▸ **Task brief**
Lines to restate from the data below: from the one containing "IsFlushed socket buf" to the one containing "conserved start (connect", both included. Give them again exactly, and only them.

Task material: Begin

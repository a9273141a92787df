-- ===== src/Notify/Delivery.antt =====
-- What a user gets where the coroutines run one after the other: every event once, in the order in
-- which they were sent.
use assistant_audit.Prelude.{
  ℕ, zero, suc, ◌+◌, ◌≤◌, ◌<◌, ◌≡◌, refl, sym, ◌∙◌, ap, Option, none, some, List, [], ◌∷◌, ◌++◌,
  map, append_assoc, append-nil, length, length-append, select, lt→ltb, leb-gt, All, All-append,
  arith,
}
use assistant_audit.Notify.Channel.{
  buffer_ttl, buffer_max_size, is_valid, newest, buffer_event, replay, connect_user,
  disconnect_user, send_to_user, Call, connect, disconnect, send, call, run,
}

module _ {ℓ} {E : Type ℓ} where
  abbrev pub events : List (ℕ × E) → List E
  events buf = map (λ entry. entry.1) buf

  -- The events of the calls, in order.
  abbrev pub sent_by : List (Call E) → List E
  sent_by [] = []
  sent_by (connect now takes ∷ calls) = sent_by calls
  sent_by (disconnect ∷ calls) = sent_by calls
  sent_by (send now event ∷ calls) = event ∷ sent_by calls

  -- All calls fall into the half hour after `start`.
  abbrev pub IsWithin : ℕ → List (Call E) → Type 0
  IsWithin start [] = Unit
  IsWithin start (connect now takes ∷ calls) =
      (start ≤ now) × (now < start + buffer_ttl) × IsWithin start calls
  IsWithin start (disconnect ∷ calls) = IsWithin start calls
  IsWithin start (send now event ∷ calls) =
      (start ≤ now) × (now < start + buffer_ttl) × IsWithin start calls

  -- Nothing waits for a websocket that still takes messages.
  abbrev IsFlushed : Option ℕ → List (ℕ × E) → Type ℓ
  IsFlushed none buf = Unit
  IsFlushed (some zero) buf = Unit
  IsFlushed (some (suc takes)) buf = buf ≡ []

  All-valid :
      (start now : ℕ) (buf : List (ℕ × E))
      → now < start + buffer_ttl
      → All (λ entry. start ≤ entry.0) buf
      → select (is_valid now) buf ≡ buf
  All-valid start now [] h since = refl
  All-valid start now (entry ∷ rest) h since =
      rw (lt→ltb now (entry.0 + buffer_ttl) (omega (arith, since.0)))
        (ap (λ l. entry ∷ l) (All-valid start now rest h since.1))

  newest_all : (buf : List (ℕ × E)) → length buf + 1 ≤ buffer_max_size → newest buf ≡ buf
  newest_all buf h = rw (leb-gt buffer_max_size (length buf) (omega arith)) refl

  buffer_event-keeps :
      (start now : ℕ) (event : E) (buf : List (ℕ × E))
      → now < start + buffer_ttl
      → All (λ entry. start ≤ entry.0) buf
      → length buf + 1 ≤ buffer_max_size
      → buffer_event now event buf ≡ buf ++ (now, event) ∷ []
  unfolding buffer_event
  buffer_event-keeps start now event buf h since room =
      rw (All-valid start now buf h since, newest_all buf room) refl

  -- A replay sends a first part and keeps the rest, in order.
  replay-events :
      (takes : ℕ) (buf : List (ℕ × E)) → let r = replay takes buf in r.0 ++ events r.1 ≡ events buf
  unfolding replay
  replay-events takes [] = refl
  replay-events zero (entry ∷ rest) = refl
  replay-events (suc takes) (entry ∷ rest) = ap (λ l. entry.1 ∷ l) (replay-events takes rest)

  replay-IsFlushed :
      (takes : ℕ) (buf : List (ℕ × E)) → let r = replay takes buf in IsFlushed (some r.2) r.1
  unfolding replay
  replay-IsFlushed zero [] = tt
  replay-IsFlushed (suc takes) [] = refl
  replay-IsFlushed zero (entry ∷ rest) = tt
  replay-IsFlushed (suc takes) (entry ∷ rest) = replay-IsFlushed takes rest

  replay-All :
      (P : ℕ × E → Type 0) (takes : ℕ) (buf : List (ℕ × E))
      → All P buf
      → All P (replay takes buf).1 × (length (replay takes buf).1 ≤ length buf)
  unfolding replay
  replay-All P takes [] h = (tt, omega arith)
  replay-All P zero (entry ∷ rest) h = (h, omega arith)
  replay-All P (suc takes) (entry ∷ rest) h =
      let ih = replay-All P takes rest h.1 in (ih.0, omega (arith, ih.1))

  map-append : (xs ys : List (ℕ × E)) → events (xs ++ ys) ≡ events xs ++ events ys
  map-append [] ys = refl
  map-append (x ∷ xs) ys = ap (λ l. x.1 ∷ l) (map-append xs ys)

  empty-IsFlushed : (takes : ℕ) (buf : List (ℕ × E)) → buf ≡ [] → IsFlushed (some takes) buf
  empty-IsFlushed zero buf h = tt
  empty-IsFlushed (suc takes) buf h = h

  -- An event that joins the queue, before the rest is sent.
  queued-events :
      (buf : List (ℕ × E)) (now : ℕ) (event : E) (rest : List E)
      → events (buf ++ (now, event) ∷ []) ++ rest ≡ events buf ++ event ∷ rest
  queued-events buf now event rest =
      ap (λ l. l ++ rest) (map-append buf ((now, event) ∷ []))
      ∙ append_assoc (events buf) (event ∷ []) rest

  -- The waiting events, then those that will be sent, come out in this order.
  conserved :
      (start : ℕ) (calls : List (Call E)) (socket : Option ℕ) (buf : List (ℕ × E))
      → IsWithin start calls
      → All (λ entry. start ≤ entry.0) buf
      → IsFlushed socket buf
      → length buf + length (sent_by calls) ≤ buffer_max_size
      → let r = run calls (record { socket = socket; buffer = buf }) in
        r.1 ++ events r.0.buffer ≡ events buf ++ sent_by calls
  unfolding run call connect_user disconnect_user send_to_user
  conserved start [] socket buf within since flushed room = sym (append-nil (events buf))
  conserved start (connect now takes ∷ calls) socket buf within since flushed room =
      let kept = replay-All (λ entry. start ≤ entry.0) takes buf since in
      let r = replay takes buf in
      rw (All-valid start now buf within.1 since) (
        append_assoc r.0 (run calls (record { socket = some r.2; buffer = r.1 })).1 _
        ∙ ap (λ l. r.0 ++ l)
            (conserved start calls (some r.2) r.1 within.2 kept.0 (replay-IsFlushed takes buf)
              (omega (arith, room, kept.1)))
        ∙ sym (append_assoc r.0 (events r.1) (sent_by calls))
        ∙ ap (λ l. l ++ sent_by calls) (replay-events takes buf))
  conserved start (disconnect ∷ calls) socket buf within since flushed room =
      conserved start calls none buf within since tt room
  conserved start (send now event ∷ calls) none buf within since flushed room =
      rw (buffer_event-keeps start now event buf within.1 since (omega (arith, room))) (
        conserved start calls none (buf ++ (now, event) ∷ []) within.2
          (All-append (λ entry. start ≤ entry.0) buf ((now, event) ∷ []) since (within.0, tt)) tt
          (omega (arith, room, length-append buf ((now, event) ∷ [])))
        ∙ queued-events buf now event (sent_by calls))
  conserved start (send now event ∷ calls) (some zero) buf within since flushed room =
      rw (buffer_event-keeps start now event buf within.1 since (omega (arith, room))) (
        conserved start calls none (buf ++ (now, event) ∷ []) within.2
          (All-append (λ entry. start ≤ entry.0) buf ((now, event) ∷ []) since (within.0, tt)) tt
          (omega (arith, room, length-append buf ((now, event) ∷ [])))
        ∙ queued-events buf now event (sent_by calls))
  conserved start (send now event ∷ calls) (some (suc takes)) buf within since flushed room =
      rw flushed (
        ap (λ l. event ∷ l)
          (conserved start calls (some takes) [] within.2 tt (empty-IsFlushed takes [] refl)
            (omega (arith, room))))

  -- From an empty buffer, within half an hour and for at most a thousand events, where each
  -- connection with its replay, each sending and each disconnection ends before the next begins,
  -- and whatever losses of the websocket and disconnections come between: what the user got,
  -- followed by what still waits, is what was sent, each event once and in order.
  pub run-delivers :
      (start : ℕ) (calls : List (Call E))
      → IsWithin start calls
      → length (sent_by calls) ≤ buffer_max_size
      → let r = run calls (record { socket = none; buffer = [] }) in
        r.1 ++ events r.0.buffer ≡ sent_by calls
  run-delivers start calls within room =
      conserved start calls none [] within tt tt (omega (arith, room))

Task material: End

▸ **Expected answer**
      → IsFlushed socket buf
      → length buf + length (sent_by calls) ≤ buffer_max_size
      → let r = run calls (record { socket = socket; buffer = buf }) in
        r.1 ++ events r.0.buffer ≡ events buf ++ sent_by calls
  unfolding run call connect_user disconnect_user send_to_user
  conserved start [] socket buf within since flushed room = sym (append-nil (events buf))
  conserved start (connect now takes ∷ calls) socket buf within since flushed room =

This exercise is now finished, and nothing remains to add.